**Collected data:**
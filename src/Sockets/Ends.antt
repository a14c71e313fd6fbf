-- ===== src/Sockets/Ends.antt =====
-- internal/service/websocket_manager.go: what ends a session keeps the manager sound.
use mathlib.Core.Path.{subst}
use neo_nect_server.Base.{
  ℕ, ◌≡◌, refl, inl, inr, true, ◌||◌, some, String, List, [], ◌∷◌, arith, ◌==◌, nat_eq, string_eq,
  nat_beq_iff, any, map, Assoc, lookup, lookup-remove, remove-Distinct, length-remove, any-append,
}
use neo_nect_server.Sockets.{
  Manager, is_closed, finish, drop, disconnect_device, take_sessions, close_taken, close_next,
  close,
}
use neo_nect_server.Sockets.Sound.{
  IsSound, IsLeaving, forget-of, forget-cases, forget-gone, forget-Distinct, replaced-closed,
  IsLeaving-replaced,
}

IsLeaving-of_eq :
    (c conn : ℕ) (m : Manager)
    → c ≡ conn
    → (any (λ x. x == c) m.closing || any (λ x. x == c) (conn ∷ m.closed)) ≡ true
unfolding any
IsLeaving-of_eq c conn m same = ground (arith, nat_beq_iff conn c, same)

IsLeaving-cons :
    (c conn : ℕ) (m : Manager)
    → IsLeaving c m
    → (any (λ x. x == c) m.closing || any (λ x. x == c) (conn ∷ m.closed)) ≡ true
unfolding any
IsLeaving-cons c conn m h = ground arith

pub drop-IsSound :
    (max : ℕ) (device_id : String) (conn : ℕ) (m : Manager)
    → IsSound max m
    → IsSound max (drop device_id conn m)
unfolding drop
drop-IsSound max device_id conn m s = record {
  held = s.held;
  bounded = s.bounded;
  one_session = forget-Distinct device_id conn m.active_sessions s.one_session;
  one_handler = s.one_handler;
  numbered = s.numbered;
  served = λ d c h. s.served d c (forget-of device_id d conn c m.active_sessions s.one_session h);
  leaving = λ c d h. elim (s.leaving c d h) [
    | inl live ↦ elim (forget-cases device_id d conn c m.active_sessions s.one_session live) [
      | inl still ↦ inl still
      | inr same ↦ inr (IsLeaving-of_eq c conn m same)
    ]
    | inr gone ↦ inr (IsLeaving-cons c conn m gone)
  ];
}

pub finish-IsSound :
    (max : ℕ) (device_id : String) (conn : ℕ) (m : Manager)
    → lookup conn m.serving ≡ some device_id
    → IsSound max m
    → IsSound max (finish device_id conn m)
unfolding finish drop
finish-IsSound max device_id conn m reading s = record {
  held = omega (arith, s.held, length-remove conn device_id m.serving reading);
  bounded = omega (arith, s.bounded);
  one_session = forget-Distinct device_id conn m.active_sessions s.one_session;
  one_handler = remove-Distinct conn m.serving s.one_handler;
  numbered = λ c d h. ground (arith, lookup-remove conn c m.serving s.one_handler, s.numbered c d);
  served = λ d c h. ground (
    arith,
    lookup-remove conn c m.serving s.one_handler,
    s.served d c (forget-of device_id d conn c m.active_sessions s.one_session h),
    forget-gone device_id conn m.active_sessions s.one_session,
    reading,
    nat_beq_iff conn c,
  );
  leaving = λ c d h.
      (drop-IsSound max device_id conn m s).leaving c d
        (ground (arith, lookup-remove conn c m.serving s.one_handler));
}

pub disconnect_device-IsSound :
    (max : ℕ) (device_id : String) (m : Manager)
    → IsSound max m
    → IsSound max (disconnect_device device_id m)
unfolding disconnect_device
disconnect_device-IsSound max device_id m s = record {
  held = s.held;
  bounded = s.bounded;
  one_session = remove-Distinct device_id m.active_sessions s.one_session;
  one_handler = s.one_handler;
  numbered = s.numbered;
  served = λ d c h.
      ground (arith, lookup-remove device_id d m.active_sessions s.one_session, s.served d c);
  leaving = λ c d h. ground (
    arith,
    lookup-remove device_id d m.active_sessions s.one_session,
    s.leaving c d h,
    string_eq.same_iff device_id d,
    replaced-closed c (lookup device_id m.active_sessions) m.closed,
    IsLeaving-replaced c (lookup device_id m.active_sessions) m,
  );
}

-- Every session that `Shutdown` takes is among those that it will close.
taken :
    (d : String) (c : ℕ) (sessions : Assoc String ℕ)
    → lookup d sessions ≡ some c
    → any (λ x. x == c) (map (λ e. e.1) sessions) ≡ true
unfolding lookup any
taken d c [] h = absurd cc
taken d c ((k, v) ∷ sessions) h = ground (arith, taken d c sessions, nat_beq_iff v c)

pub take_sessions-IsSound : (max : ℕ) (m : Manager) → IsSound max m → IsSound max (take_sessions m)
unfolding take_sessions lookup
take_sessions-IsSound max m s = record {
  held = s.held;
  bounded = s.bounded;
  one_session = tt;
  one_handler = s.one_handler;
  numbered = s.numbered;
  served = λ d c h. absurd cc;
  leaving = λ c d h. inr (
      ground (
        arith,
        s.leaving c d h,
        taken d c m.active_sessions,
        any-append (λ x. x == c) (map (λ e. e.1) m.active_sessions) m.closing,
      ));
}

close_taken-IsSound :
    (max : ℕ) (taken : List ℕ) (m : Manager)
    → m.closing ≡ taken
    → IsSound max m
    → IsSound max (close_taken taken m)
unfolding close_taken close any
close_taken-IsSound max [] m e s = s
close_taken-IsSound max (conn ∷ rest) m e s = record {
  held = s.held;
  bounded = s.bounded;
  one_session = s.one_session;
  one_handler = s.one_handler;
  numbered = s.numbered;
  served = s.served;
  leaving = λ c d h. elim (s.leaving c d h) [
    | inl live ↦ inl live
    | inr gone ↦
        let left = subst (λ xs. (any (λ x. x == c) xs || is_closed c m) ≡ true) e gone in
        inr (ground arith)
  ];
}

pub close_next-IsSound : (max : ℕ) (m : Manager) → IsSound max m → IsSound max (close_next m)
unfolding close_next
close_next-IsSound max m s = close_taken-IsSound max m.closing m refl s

---

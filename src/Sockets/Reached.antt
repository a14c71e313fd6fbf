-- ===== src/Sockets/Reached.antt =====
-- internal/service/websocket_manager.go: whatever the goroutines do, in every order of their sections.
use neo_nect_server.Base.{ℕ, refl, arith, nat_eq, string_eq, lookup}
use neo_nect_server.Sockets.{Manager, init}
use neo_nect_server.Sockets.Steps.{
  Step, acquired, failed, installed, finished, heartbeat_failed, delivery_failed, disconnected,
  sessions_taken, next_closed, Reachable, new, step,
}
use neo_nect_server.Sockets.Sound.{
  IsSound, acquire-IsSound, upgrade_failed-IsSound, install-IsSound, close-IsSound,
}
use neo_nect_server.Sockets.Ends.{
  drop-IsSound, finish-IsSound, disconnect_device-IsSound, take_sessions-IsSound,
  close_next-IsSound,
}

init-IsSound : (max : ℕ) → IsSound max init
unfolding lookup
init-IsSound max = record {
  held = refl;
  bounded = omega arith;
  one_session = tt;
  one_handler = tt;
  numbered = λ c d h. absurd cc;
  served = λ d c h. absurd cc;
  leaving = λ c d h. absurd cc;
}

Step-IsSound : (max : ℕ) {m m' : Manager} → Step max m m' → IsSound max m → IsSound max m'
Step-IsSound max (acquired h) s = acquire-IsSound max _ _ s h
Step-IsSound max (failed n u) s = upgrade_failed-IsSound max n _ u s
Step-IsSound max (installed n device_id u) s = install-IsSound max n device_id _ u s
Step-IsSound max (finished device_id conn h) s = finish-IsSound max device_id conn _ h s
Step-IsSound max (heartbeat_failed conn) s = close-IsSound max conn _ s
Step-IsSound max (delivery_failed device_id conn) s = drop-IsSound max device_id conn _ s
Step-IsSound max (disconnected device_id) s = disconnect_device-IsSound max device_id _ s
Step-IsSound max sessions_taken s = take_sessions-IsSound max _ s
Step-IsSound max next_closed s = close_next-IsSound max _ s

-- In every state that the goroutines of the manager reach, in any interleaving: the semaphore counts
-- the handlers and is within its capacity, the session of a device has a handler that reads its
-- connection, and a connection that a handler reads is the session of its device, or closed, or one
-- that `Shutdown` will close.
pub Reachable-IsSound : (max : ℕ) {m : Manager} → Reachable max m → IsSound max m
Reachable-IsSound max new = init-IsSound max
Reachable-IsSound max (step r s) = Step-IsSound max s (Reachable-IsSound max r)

**Directions for this task:**
If a line in the records above contains the string "Assoc", copy that line out.

**Exercise response:**
  nat_beq_iff, any, map, Assoc, lookup, lookup-remove, remove-Distinct, length-remove, any-append,
    (d : String) (c : ℕ) (sessions : Assoc String ℕ)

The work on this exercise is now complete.